---------- RECORDS ----------

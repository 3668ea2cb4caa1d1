-- ===== src/Prelude/Exec/Keeps.antt =====
-- What an action keeps true of the state, by the shape of the action.
use mathlib.Core.Path.{◌≡◌, refl, ap, subst}
use mathlib.Core.Bool.{Bool, true, false}
use mathlib.Core.List.{List, [], ◌∷◌}
use dropout.Prelude.Tests.{if◌then◌else◌}
use dropout.Prelude.Lists.{All}
use dropout.Prelude.Exec.{
  Error, Result, ok, err, Exec, pure, raise, lift, gets, continue, for_each, except, ◌>>=◌,
  bind-eq-ok,
}

-- `m` keeps `P`, whether it returns or raises.
pub record Keeps {S A : Type 0} (P : S → Type 0) (m : Exec S A) : Type 0 where
  pub at : (s : S) → P s → P (m s).1

module _ {S A : Type 0} {P : S → Type 0} where
  pub Keeps-raise : (e : Error) → Keeps P (raise {S = S} {A = A} e)
  Keeps-raise e = record { at = λ s h. h }

  pub Keeps-lift : (r : Result A) → Keeps P (lift {S = S} r)
  Keeps-lift r = record { at = λ s h. h }

  pub Keeps-gets : (f : S → A) → Keeps P (gets f)
  Keeps-gets f = record { at = λ s h. h }

  pub Keeps-pure : (a : A) → Keeps P (pure {S = S} a)
  Keeps-pure a = record { at = λ s h. h }

  pub Keeps-if : (b : Bool) (m n : Exec S A) → Keeps P m → Keeps P n → Keeps P (if b then m else n)
  Keeps-if true m n km kn = km
  Keeps-if false m n km kn = kn

pub Keeps-continue :
    {S A B : Type 0} (P : S → Type 0) (r : Result A) (f : A → Exec S B) (s : S)
    → P s
    → ((a : A) → r ≡ ok a → P (f a s).1)
    → P (continue r f s).1
Keeps-continue P (ok a) f s h k = k a refl
Keeps-continue P (err e) f s h k = h

module _ {S A B : Type 0} {P : S → Type 0} where
  pub Keeps-bind :
      (m : Exec S A) (f : A → Exec S B) → Keeps P m → ((a : A) → Keeps P (f a)) → Keeps P (m >>= f)
  Keeps-bind m f km kf = record {
    at = λ s h.
        Keeps-continue P (m s).0 f (m s).1 (km.at s h) (λ a _. (kf a).at (m s).1 (km.at s h));
  }

pub Keeps-for_each :
    {S A : Type 0} {P : S → Type 0} (xs : List A) (body : A → Exec S Unit)
    → ((x : A) → Keeps P (body x))
    → Keeps P (for_each xs body)
unfolding for_each
Keeps-for_each [] body keep = Keeps-pure tt
Keeps-for_each (x ∷ xs) body keep =
    Keeps-bind (body x) (λ _. for_each xs body) (keep x) (λ _. Keeps-for_each xs body keep)

pub Keeps-All :
    {S A B : Type 0} {Q : A → S → Type 0} (xs : List A) (m : Exec S B)
    → ((x : A) → Keeps (Q x) m)
    → Keeps (λ s. All (λ x. Q x s) xs) m
Keeps-All {S = S} {Q = Q} xs m keep = record { at = λ s h. go s xs h }
  where
    go : (s : S) (ys : List _) → All (λ x. Q x s) ys → All (λ x. Q x (m s).1) ys
    go s [] h = tt
    go s (y ∷ ys) h = ((keep y).at s h.0, go s ys h.1)

-- A loop that returns has established what each turn of it establishes and the others keep.
pub for_each-All :
    {S A : Type 0} (Q : A → S → Type 0) (body : A → Exec S Unit)
    → ((x : A) (s s' : S) → body x s ≡ (ok tt, s') → Q x s')
    → ((x y : A) → Keeps (Q y) (body x))
    → (xs : List A) (s s' : S) → for_each xs body s ≡ (ok tt, s')
    → All (λ x. Q x s') xs
unfolding for_each
for_each-All Q body establishes keep [] s s' e = tt
for_each-All {S = S} Q body establishes keep (x ∷ xs) s s' e = (
  subst (λ r. Q x r.1) run.1.1 ((Keeps-for_each xs body (λ y. keep y x)).at (body x s).1 first),
  for_each-All Q body establishes keep xs (body x s).1 s' run.1.1,
)
  where
    run : (u : Unit) × (((body x s).0 ≡ ok u) × (for_each xs body (body x s).1 ≡ (ok tt, s')))
    run = bind-eq-ok (body x) (λ _. for_each xs body) s s' e

    first : Q x (body x s).1
    first = establishes x s (body x s).1 (ap (λ r. (r, (body x s).1)) run.1.0)

-- Where every handler returns, so does the whole.
pub except-ok :
    {S A : Type 0} (P : S → Type 0) (body : Exec S A) (handler : Error → Exec S A)
    → Keeps P body
    → ((e : Error) (s : S) → P s → (a : A) × ((handler e s).0 ≡ ok a) × P (handler e s).1)
    → (s : S) → P s
    → (a : A) × ((except body handler s).0 ≡ ok a) × P (except body handler s).1
except-ok {S = S} {A = A} P body handler keep kept s h = go (body s).0 (body s).1 (keep.at s h)
  where
    handled : Result A → S → Result A × S
    handled r s = elim r [ ok a ↦ (ok a, s) | err e ↦ handler e s ]

    go : (r : Result A) (s : S) → P s → (a : A) × ((handled r s).0 ≡ ok a) × P (handled r s).1
    go (ok a) s h = (a, refl, h)
    go (err e) s h = kept e s h

pub ruleset keeps_rules =
    (Keeps-pure, Keeps-raise, Keeps-lift, Keeps-gets, Keeps-if, Keeps-bind, Keeps-for_each)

----------

From the listing above, the lines starting with the one that has "Keeps-for_each (x ∷" and running through the one that has "run = bind-eq-ok" should be copied exactly, ends included.

Keeps-for_each (x ∷ xs) body keep =
    Keeps-bind (body x) (λ _. for_each xs body) (keep x) (λ _. Keeps-for_each xs body keep)

pub Keeps-All :
    {S A B : Type 0} {Q : A → S → Type 0} (xs : List A) (m : Exec S B)
    → ((x : A) → Keeps (Q x) m)
    → Keeps (λ s. All (λ x. Q x s) xs) m
Keeps-All {S = S} {Q = Q} xs m keep = record { at = λ s h. go s xs h }
  where
    go : (s : S) (ys : List _) → All (λ x. Q x s) ys → All (λ x. Q x (m s).1) ys
    go s [] h = tt
    go s (y ∷ ys) h = ((keep y).at s h.0, go s ys h.1)

-- A loop that returns has established what each turn of it establishes and the others keep.
pub for_each-All :
    {S A : Type 0} (Q : A → S → Type 0) (body : A → Exec S Unit)
    → ((x : A) (s s' : S) → body x s ≡ (ok tt, s') → Q x s')
    → ((x y : A) → Keeps (Q y) (body x))
    → (xs : List A) (s s' : S) → for_each xs body s ≡ (ok tt, s')
    → All (λ x. Q x s') xs
unfolding for_each
for_each-All Q body establishes keep [] s s' e = tt
for_each-All {S = S} Q body establishes keep (x ∷ xs) s s' e = (
  subst (λ r. Q x r.1) run.1.1 ((Keeps-for_each xs body (λ y. keep y x)).at (body x s).1 first),
  for_each-All Q body establishes keep xs (body x s).1 s' run.1.1,
)
  where
    run : (u : Unit) × (((body x s).0 ≡ ok u) × (for_each xs body (body x s).1 ≡ (ok tt, s')))
    run = bind-eq-ok (body x) (λ _. for_each xs body) s s' e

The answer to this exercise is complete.